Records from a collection
- - - - - - -

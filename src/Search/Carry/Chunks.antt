-- ===== src/Search/Carry/Chunks.antt =====
-- Cutting lines chunk by chunk gives the lines of the whole text.
use drlog_search.Base.{
  ℕ, zero, suc, ◌+◌, ◌≤◌, ◌<◌, none, some, List, [], ◌∷◌, ◌++◌, Bytes, ◌≡◌, refl, sym, ap, ◌∙◌, inl,
  inr, ◌≢◌, arith, length, length-append, Option-cases, All, All-append,
}
use drlog_search.Text.{cut_at}
use drlog_search.Text.Find.{cut_at_sound, cut_at-none, cut_at_append_left}
use drlog_search.Util.Split.{terminated, terminated-concat}
use drlog_search.Search.Carry.{get_lines_loop, get_lines_gzip}

abbrev pub LacksNewline : Bytes → Type 0
LacksNewline = All (λ c. c ≢ b'\n')

get_lines_step :
    (fuel : ℕ) (carry line rest : Bytes) (lines : List Bytes)
    → cut_at b'\n' carry ≡ some (line, rest)
    → get_lines_loop (suc fuel) carry lines ≡ get_lines_loop fuel rest (lines ++ line ∷ [])
unfolding get_lines_loop
get_lines_step fuel carry line rest lines e = ground arith

get_lines_stop :
    (fuel : ℕ) (carry : Bytes) (lines : List Bytes)
    → cut_at b'\n' carry ≡ none
    → get_lines_loop fuel carry lines ≡ (carry, lines)
unfolding get_lines_loop
get_lines_stop zero carry lines e = refl
get_lines_stop (suc fuel) carry lines e = ground arith

cut_shorter :
    (carry line rest : Bytes) → cut_at b'\n' carry ≡ some (line, rest) → length rest < length carry
cut_shorter carry line rest e =
    omega
      (arith, ap length (cut_at_sound b'\n' carry line rest e).0, length-append line (b'\n' ∷ rest))

-- The lines and the rest spell the text, and no newline is left in them.
record Cut (carry : Bytes) (lines : List Bytes) (r : Bytes × List Bytes) : Type 0 where
  spells : terminated b'\n' r.1 ++ r.0 ≡ terminated b'\n' lines ++ carry
  rest_lacks : LacksNewline r.0
  lines_lack : All LacksNewline r.1

get_lines_loop-Cut :
    (fuel : ℕ) (carry : Bytes) (lines : List Bytes)
    → length carry ≤ fuel
    → All LacksNewline lines
    → Cut carry lines (get_lines_loop fuel carry lines)
get_lines_loop-Cut zero [] lines h a =
    unfold get_lines_loop in record { spells = refl; rest_lacks = tt; lines_lack = a }
get_lines_loop-Cut zero (c ∷ s) lines h a = absurd (omega arith)
get_lines_loop-Cut (suc fuel) carry lines h a = elim (Option-cases (cut_at b'\n' carry)) [
  | inl e ↦
      rw (get_lines_stop (suc fuel) carry lines e)
        (record { spells = refl; rest_lacks = cut_at-none b'\n' carry e; lines_lack = a })
  | inr ((line, rest), e) ↦
      let (splits, lacks) = cut_at_sound b'\n' carry line rest e in
      let ih =
        get_lines_loop-Cut fuel rest (lines ++ line ∷ [])
          (omega (arith, cut_shorter carry line rest e))
          (All-append _ lines (line ∷ []) a (lacks, tt)) in
      rw (get_lines_step fuel carry line rest lines e) (record {
        spells =
            ih.spells
            ∙ terminated-concat b'\n' lines line rest
            ∙ ap (◌++◌ (terminated b'\n' lines)) (sym splits);
        rest_lacks = ih.rest_lacks;
        lines_lack = ih.lines_lack;
      })
]

-- The lines that `get_lines_gzip` cuts off, each with its newline, and the rest that it leaves
-- spell the text that it was given; neither the rest nor a line holds a newline.
pub get_lines_gzip_sound :
    (carry : Bytes)
    → (terminated b'\n' (get_lines_gzip carry []).1 ++ (get_lines_gzip carry []).0 ≡ carry)
      × LacksNewline (get_lines_gzip carry []).0
      × All LacksNewline (get_lines_gzip carry []).1
unfolding get_lines_gzip
get_lines_gzip_sound carry =
    let c = get_lines_loop-Cut (length carry) carry [] (omega arith) tt in
    (c.spells, c.rest_lacks, c.lines_lack)

-- Enough fuel is as good as more.
get_lines_fuel :
    (f g : ℕ) (carry : Bytes) (lines : List Bytes)
    → length carry ≤ f
    → length carry ≤ g
    → get_lines_loop f carry lines ≡ get_lines_loop g carry lines
get_lines_fuel zero zero carry lines h k = refl
get_lines_fuel (suc f) zero carry lines h k = elim (Option-cases (cut_at b'\n' carry)) [
  | inl e ↦ get_lines_stop (suc f) carry lines e ∙ sym (get_lines_stop zero carry lines e)
  | inr ((line, rest), e) ↦ absurd (omega (arith, cut_shorter carry line rest e))
]
get_lines_fuel zero (suc g) carry lines h k = elim (Option-cases (cut_at b'\n' carry)) [
  | inl e ↦ get_lines_stop zero carry lines e ∙ sym (get_lines_stop (suc g) carry lines e)
  | inr ((line, rest), e) ↦ absurd (omega (arith, cut_shorter carry line rest e))
]
get_lines_fuel (suc f) (suc g) carry lines h k = elim (Option-cases (cut_at b'\n' carry)) [
  | inl e ↦ get_lines_stop (suc f) carry lines e ∙ sym (get_lines_stop (suc g) carry lines e)
  | inr ((line, rest), e) ↦
      get_lines_step f carry line rest lines e
      ∙ get_lines_fuel f g rest (lines ++ line ∷ []) (omega (arith, cut_shorter carry line rest e))
          (omega (arith, cut_shorter carry line rest e))
      ∙ sym (get_lines_step g carry line rest lines e)
]

get_lines_shorter :
    (f : ℕ) (carry : Bytes) (lines : List Bytes)
    → length (get_lines_loop f carry lines).0 ≤ length carry
get_lines_shorter zero carry lines = unfold get_lines_loop in omega arith
get_lines_shorter (suc f) carry lines = elim (Option-cases (cut_at b'\n' carry)) [
  | inl e ↦ rw (get_lines_stop (suc f) carry lines e) (omega arith)
  | inr ((line, rest), e) ↦
      rw (get_lines_step f carry line rest lines e) (
        omega (arith, cut_shorter carry line rest e, get_lines_shorter f rest (lines ++ line ∷ [])))
]

chunk_loop :
    (f g : ℕ) (a b : Bytes) (lines : List Bytes)
    → length a ≤ f
    → length a + length b ≤ g
    → get_lines_loop g (a ++ b) lines
      ≡ get_lines_loop g ((get_lines_loop f a lines).0 ++ b) (get_lines_loop f a lines).1
chunk_loop zero g a b lines h k = unfold get_lines_loop in refl
chunk_loop (suc f) zero a b lines h k = elim (Option-cases (cut_at b'\n' a)) [
  | inl e ↦ rw (get_lines_stop (suc f) a lines e)
  | inr ((line, rest), e) ↦ absurd (omega (arith, cut_shorter a line rest e))
]
chunk_loop (suc f) (suc g) a b lines h k = elim (Option-cases (cut_at b'\n' a)) [
  | inl e ↦ rw (get_lines_stop (suc f) a lines e)
  | inr ((line, rest), e) ↦
      let here = lines ++ line ∷ [] in
      let shorter = cut_shorter a line rest e in
      let left = get_lines_shorter f rest here in
      rw (get_lines_step f a line rest lines e) (
        get_lines_step g (a ++ b) line (rest ++ b) lines (cut_at_append_left b'\n' a b line rest e)
        ∙ chunk_loop f g rest b here (omega arith) (omega arith)
        ∙ get_lines_fuel g (suc g) ((get_lines_loop f rest here).0 ++ b)
            (get_lines_loop f rest here).1
            (omega (arith, length-append (get_lines_loop f rest here).0 b))
            (omega (arith, length-append (get_lines_loop f rest here).0 b)))
]

-- A text that comes in two chunks, the second behind what the first call left, gives the same lines
-- and the same rest as the text at once.
pub get_lines_gzip_chunks :
    (a b : Bytes) (lines : List Bytes)
    → get_lines_gzip (a ++ b) lines
      ≡ get_lines_gzip ((get_lines_gzip a lines).0 ++ b) (get_lines_gzip a lines).1
unfolding get_lines_gzip
get_lines_gzip_chunks a b lines =
    let r = get_lines_loop (length a) a lines in
    chunk_loop (length a) (length (a ++ b)) a b lines (omega arith)
      (omega (arith, length-append a b))
    ∙ get_lines_fuel (length (a ++ b)) (length (r.0 ++ b)) (r.0 ++ b) r.1
        (omega
          (arith, length-append a b, length-append r.0 b, get_lines_shorter (length a) a lines))
        (omega arith)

- - - - - - -

> What to work on
In the entries above, find each line with "terminated" and list it.

> Written response
use drlog_search.Util.Split.{terminated, terminated-concat}
  spells : terminated b'\n' r.1 ++ r.0 ≡ terminated b'\n' lines ++ carry
            ∙ terminated-concat b'\n' lines line rest
            ∙ ap (◌++◌ (terminated b'\n' lines)) (sym splits);
    → (terminated b'\n' (get_lines_gzip carry []).1 ++ (get_lines_gzip carry []).0 ≡ carry)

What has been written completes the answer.